Fandango vs R-Truth at Summerslam


----------



## Deptford (Apr 9, 2013)

WutChagoNAdoBrothA said:


> Hey Ryback and RVD
> 
> did you two fairies call each other up and decide what to wear together?


Nothing wrong with having an "outfit buddy"


----------



## birthday_massacre (Jan 30, 2013)

Is the ref really going to allow that elination of r truth>


----------



## Headliner (Jun 24, 2004)

How can you eliminate somebody when you're eliminated yourself? The DQ thing doesn't matter.


----------



## kokepepsi (Mar 22, 2011)

Rtruths hair line

MY GOD


----------



## Bowlen (Feb 1, 2012)

Boring.


----------



## legendfan97 (Nov 20, 2012)

RVD : "And stay out, Fandago!"


----------



## leon79 (Jun 12, 2006)

LOL


----------



## Gunnar II (Jul 1, 2013)

I really hope RVD wins and not Henry..


----------



## HOJO (Feb 25, 2012)

This is just boring. Why did that Cena/Bryan segment jerked the curtain for THIS?


----------



## SideTableDrawer (Apr 24, 2011)

Shades of Sunday, January 2014.


----------



## Scotty Cuzz (Aug 14, 2007)

This match sounded better on paper


----------



## bjnelson19705 (Jul 14, 2008)

shutupchico said:


> wrestling with no crowd reaction just makes it so awkward to watch


It's just men grunting and rustling around.


----------



## 123bigdave (Dec 26, 2008)

Big Show return imminent here.

Eliminates Ryback last prob.


----------



## FCP (Aug 12, 2013)

chargebeam said:


> Is tonight's Raw worth watching? I just came home but I DVR'd it.

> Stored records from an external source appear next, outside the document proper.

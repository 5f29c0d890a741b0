-- ===== src/Ai/Tabs.antt =====
-- web/src/lib/ai/ai-keys.ts, `useAIKeys`: the keys that two tabs show and the keys in the storage.
use tidyboard.Prelude.{
  ◌≡◌, refl, ◌∙◌, sym, Bool, true, false, List, [], ◌∷◌, Option, none, some, String, ◌⊎◌, inl, inr,
  if◌then◌else◌,
}
use tidyboard.Notes.{JsonCodec}
use tidyboard.Ai.Keys.{
  AiKeys, KeyChange, set_key, clear_key, clear_all, keys_of, keys_json, read_keys, changed,
  with_key, stored_after, Tabs, TabEvent, in_one, in_two, hears_one, hears_two, tab_step, tab_run,
  opened,
}

keys_of-keys_json :
    (a b c : Option String)
    → keys_of (some (keys_json (record { openai = a; anthropic = b; google = c })))
      ≡ record { openai = a; anthropic = b; google = c }
keys_of-keys_json none none none = refl
keys_of-keys_json none none (some c) = refl
keys_of-keys_json none (some b) none = refl
keys_of-keys_json none (some b) (some c) = refl
keys_of-keys_json (some a) none none = refl
keys_of-keys_json (some a) none (some c) = refl
keys_of-keys_json (some a) (some b) none = refl
keys_of-keys_json (some a) (some b) (some c) = refl

module _ (codec : JsonCodec) where
  read_keys-write : (k : AiKeys) → read_keys codec (some (codec.stringify (keys_json k))) ≡ k
  read_keys-write k =
      rw (codec.stringify-nonempty _, codec.parse-stringify _)
        (keys_of-keys_json k.openai k.anthropic k.google)

  read_keys-stored_after :
      (c : KeyChange) (k : AiKeys) → read_keys codec (stored_after codec c k) ≡ changed c k
  read_keys-stored_after (set_key p v) k = read_keys-write (with_key p (some v) k)
  read_keys-stored_after (clear_key p) k = read_keys-write (with_key p none k)
  read_keys-stored_after clear_all k = refl

  -- A storage event is on its way to the tab, or it shows what is stored.
  abbrev Agrees : Bool → AiKeys → Option codec.Text → Type 0
  Agrees told keys stored = (told ≡ true) ⊎ (keys ≡ read_keys codec stored)

  abbrev BothAgree : Tabs codec → Type 0
  BothAgree s = Agrees s.told_one s.one s.stored × Agrees s.told_two s.two s.stored

  hears-Agrees :
      (b : Bool) (s t : Tabs codec) → BothAgree s → BothAgree t → BothAgree (if b then t else s)
  hears-Agrees true s t hs ht = ht
  hears-Agrees false s t hs ht = hs

  tab_step-Agrees : (s : Tabs codec) (e : TabEvent) → BothAgree s → BothAgree (tab_step codec s e)
  tab_step-Agrees s (in_one c) h = (inr (sym (read_keys-stored_after c s.one)), inl refl)
  tab_step-Agrees s (in_two c) h = (inl refl, inr (sym (read_keys-stored_after c s.two)))
  tab_step-Agrees s hears_one h = hears-Agrees s.told_one s _ h (inr refl, h.1)
  tab_step-Agrees s hears_two h = hears-Agrees s.told_two s _ h (h.0, inr refl)

  tab_run-Agrees :
      (s : Tabs codec) (es : List TabEvent) → BothAgree s → BothAgree (tab_run codec s es)
  tab_run-Agrees s [] h = h
  tab_run-Agrees s (e ∷ es) h = tab_run-Agrees (tab_step codec s e) es (tab_step-Agrees s e h)

  settled :
      (told : Bool) (keys : AiKeys) (stored : Option codec.Text)
      → Agrees told keys stored
      → told ≡ false
      → keys ≡ read_keys codec stored
  settled told keys stored (inl p) q = cc
  settled told keys stored (inr p) q = p

-- Two tabs are opened on the same storage, and changes of keys in either and storage events that reach
-- them come in any order. Once no storage event is on its way, both show the same keys, and those are
-- the keys that a tab opened then would show.
pub tab_run-opened :
    (codec : JsonCodec) (stored : Option codec.Text) (es : List TabEvent)
    → (tab_run codec (opened codec stored) es).told_one ≡ false
    → (tab_run codec (opened codec stored) es).told_two ≡ false
    → (let s = tab_run codec (opened codec stored) es in
        (s.one ≡ s.two) × (s.two ≡ (opened codec s.stored).two))
tab_run-opened codec stored es p q =
    let s = tab_run codec (opened codec stored) es in
    let h = tab_run-Agrees codec (opened codec stored) es (inr refl, inr refl) in
    let one_read = settled codec s.told_one s.one s.stored h.0 p in
    let two_read = settled codec s.told_two s.two s.stored h.1 q in
    (one_read ∙ sym two_read, two_read)
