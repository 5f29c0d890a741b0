-- ===== src/Ai/Turns.antt =====
-- web/src/lib/ai/client.ts: the conversation in the bodies that `callAI` sends.
use tidyboard.Prelude.{
  ◌≡◌, refl, ap, Bool, true, false, List, [], ◌∷◌, Option, none, some, if◌then◌else◌, String,
  str_eq, map, keep,
}
use tidyboard.Api.Request.{Json, Items, text, array, nil, cons}
use tidyboard.Ai.{
  AiProvider, openai, anthropic, google, user, assistant, AiMessage, call_ai, member_of, first_of,
  json_items, message_json, turn_json, google_role, is_system, spoken,
}

-- One turn of a conversation: whether the model says it, and what is said.
abbrev pub said : Bool × String → AiMessage
said (true, s) = record { role = assistant; content = s }
said (false, s) = record { role = user; content = s }

-- Whether a turn is the model's, by the role that the provider documents for it; none for a role that it
-- refuses.
abbrev by_model : AiProvider → Option Json → Option Bool
by_model google (some (text s)) =
    if str_eq s "model" then some true else if str_eq s "user" then some false else none
by_model _ (some (text s)) =
    if str_eq s "assistant" then some true else if str_eq s "user" then some false else none
by_model _ _ = none

abbrev both : Option Bool → Option Json → Option (Bool × String)
both (some b) (some (text s)) = some (b, s)
both _ _ = none

-- A turn as the provider documents it: OpenAI and Anthropic have its text under `content`, Google under
-- `parts`.
abbrev heard_turn : AiProvider → Json → Option (Bool × String)
heard_turn google j =
    both (by_model google (member_of "role" (some j)))
      (member_of "text" (first_of (member_of "parts" (some j))))
heard_turn p j = both (by_model p (member_of "role" (some j))) (member_of "content" (some j))

abbrev onto : Option (Bool × String) → Option (List (Bool × String)) → Option (List (Bool × String))
onto (some t) (some ts) = some (t ∷ ts)
onto _ _ = none

abbrev heard_items : AiProvider → Items → Option (List (Bool × String))
heard_items p nil = some []
heard_items p (cons j js) = onto (heard_turn p j) (heard_items p js)

abbrev heard_array : AiProvider → Option Json → Option (List (Bool × String))
heard_array p (some (array js)) = heard_items p js
heard_array p _ = none

-- The turns that the provider reads in a body; none when it refuses one.
abbrev pub heard : AiProvider → Json → Option (List (Bool × String))
heard google j = heard_array google (member_of "contents" (some j))
heard p j = heard_array p (member_of "messages" (some j))

spoken-said : (ts : List (Bool × String)) → spoken (map said ts) ≡ map said ts
spoken-said [] = refl
spoken-said ((true, s) ∷ ts) = ap (λ ms. said (true, s) ∷ ms) (spoken-said ts)
spoken-said ((false, s) ∷ ts) = ap (λ ms. said (false, s) ∷ ms) (spoken-said ts)

no_system : (ts : List (Bool × String)) → keep is_system (map said ts) ≡ []
no_system [] = refl
no_system ((true, s) ∷ ts) = no_system ts
no_system ((false, s) ∷ ts) = no_system ts

heard_openai :
    (ts : List (Bool × String))
    → heard_items openai (json_items (map message_json (map said ts))) ≡ some ts
heard_openai [] = refl
heard_openai ((true, s) ∷ ts) = rw (heard_openai ts) refl
heard_openai ((false, s) ∷ ts) = rw (heard_openai ts) refl

heard_anthropic :
    (ts : List (Bool × String))
    → heard_items anthropic (json_items (map message_json (map said ts))) ≡ some ts
heard_anthropic [] = refl
heard_anthropic ((true, s) ∷ ts) = rw (heard_anthropic ts) refl
heard_anthropic ((false, s) ∷ ts) = rw (heard_anthropic ts) refl

heard_google :
    (ts : List (Bool × String))
    → heard_items google
        (json_items (map (λ m. turn_json (google_role m.role) m.content) (map said ts)))
      ≡ some ts
heard_google [] = refl
heard_google ((true, s) ∷ ts) = rw (heard_google ts) refl
heard_google ((false, s) ∷ ts) = rw (heard_google ts) refl

-- A conversation of turns of the user and of the model, of any length, whichever of the three providers it is
-- sent to and whatever the key and the model: the provider accepts the role of each turn in the body of the
-- request (OpenAI and Anthropic know "user" and "assistant", Google "user" and "model"), and what it reads
-- there is the conversation as it went in, with no turn lost, moved or ascribed to the other side.
pub heard-call_ai :
    (p : AiProvider) (ts : List (Bool × String)) (api_key : String) (model : Option String)
    → heard p (call_ai p (map said ts) api_key model).body ≡ some ts
heard-call_ai openai ts api_key model = heard_openai ts
heard-call_ai anthropic ts api_key model = rw (spoken-said ts) (heard_anthropic ts)
heard-call_ai google ts api_key model = rw (no_system ts, spoken-said ts) (heard_google ts)
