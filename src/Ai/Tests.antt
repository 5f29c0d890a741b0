-- ===== src/Ai/Tests.antt =====
-- Two tabs that change and clear keys, the choice of a provider, and what becomes of responses. The codec
-- of the tests keeps a JSON value as its own text.
use tidyboard.Prelude.{◌≡◌, refl, Bool, true, false, List, [], ◌∷◌, Option, none, some, String, map}
use tidyboard.Api.Request.{Json, text, array, nil, cons, obj}
use tidyboard.Notes.{JsonCodec}
use tidyboard.Ai.{
  openai, anthropic, google, user, assistant, system, call_ai, answered, ai_error, unparsed, settle,
}
use tidyboard.Ai.Keys.{
  TabEvent, set_key, clear_key, clear_all, in_one, in_two, hears_one, hears_two, tab_run, opened,
  first_configured, read_keys,
}
use tidyboard.Ai.Tabs.{tab_run-opened}
use tidyboard.Ai.Turns.{said, heard, heard-call_ai}

abbrev values : JsonCodec
values = record {
  Text = Json;
  is_empty = λ j. false;
  stringify = λ j. j;
  parse = λ j. some j;
  parse-stringify = λ j. refl;
  stringify-nonempty = λ j. refl;
}

abbrev stored_keys : Option Json
stored_keys = some (obj (("google", text "g1") ∷ ("openai", text "o1") ∷ []))

abbrev edits : List TabEvent
edits =
    in_one (clear_key openai)
    ∷ in_two (set_key anthropic "a1")
    ∷ hears_one
    ∷ in_one (clear_key google)
    ∷ hears_two
    ∷ hears_one
    ∷ []

-- The second tab writes before it has heard of the first's change, and brings the removed key back.
key_tests :
    (first_configured (read_keys values stored_keys) ≡ some openai)
    × (first_configured (tab_run values (opened values stored_keys) edits).one ≡ some openai)
    × ((tab_run values (opened values stored_keys) edits).one.anthropic ≡ some "a1")
    × ((tab_run values (opened values stored_keys) (in_one clear_all ∷ [])).stored ≡ none)
key_tests = (refl, refl, refl, refl)

tab_run-opened_example :
    let s = tab_run values (opened values stored_keys) edits in
    (s.one ≡ s.two) × (s.two ≡ (opened values s.stored).two)
tab_run-opened_example = tab_run-opened values stored_keys edits refl refl

abbrev turns : List (Bool × String)
turns = (false, "What is for dinner?") ∷ (true, "Soup.") ∷ (false, "Again?") ∷ []

heard-call_ai_example : heard google (call_ai google (map said turns) "k" none).body ≡ some turns
heard-call_ai_example = heard-call_ai google turns "k" none

settle_tests :
    (settle openai (record {
      status = 401;
      is_ok = false;
      status_text = "Unauthorized";
      body = some (obj (("error", obj (("message", text "bad key") ∷ [])) ∷ []));
    })
      ≡ ai_error (text "bad key") 401 openai)
    × (settle google (record { status = 500; is_ok = false; status_text = "Oops"; body = none })
        ≡ ai_error (text "Oops") 500 google)
    × (settle anthropic (record {
      status = 200;
      is_ok = true;
      status_text = "OK";
      body = some (obj (("content", array (cons (obj (("text", text "hi") ∷ [])) nil)) ∷ []));
    })
        ≡ answered (text "hi"))
    × (settle anthropic (record { status = 200; is_ok = true; status_text = "OK"; body = none })
        ≡ unparsed)
settle_tests = (refl, refl, refl, refl)

-- A conversation with system messages, which Google gets as one turn of the user, first.
abbrev told : Option (List (Bool × String))
told =
    heard google
      (call_ai google
        (record { role = system; content = "Be brief." }
          ∷ record { role = user; content = "Hi" }
          ∷ record { role = assistant; content = "Hello" }
          ∷ record { role = system; content = "In French." }
          ∷ [])
        "k" none).body

told_test : told ≡ some ((false, "Be brief.\nIn French.") ∷ (false, "Hi") ∷ (true, "Hello") ∷ [])
told_test = refl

Fast forward to the Natalya botch and then turn it off.


----------



## Joseph92 (Jun 26, 2007)

If he US title is so Prestigious why is it on the pre show??


----------



## birthday_massacre (Jan 30, 2013)

iwatchwrestling said:


> Crowd is totally no-selling this battle royal.


well its not really a battle royal

its a jobber royal


----------



## RyanPelley (Jun 5, 2011)

If Henry wins.... Zzz.....


----------



## x78 (May 23, 2012)

Looks like they ran out of ideas for the show. It's felt like that kind of Raw TBH. Probably the only reason The Shield got mic time.


----------



## Chrome (Jan 11, 2012)

This battle royal is kinda dragging.


----------



## Danjo1986 (Jun 7, 2008)

RVD should take this one. Mark Henry is above this shittt.


----------



## Snothlisberger (Sep 26, 2011)

This is pretty ad


----------



## KuritaDavion (Feb 17, 2008)

straightedge891 said:


> This is just boring. Why did that Cena/Bryan segment jerked the curtain for THIS?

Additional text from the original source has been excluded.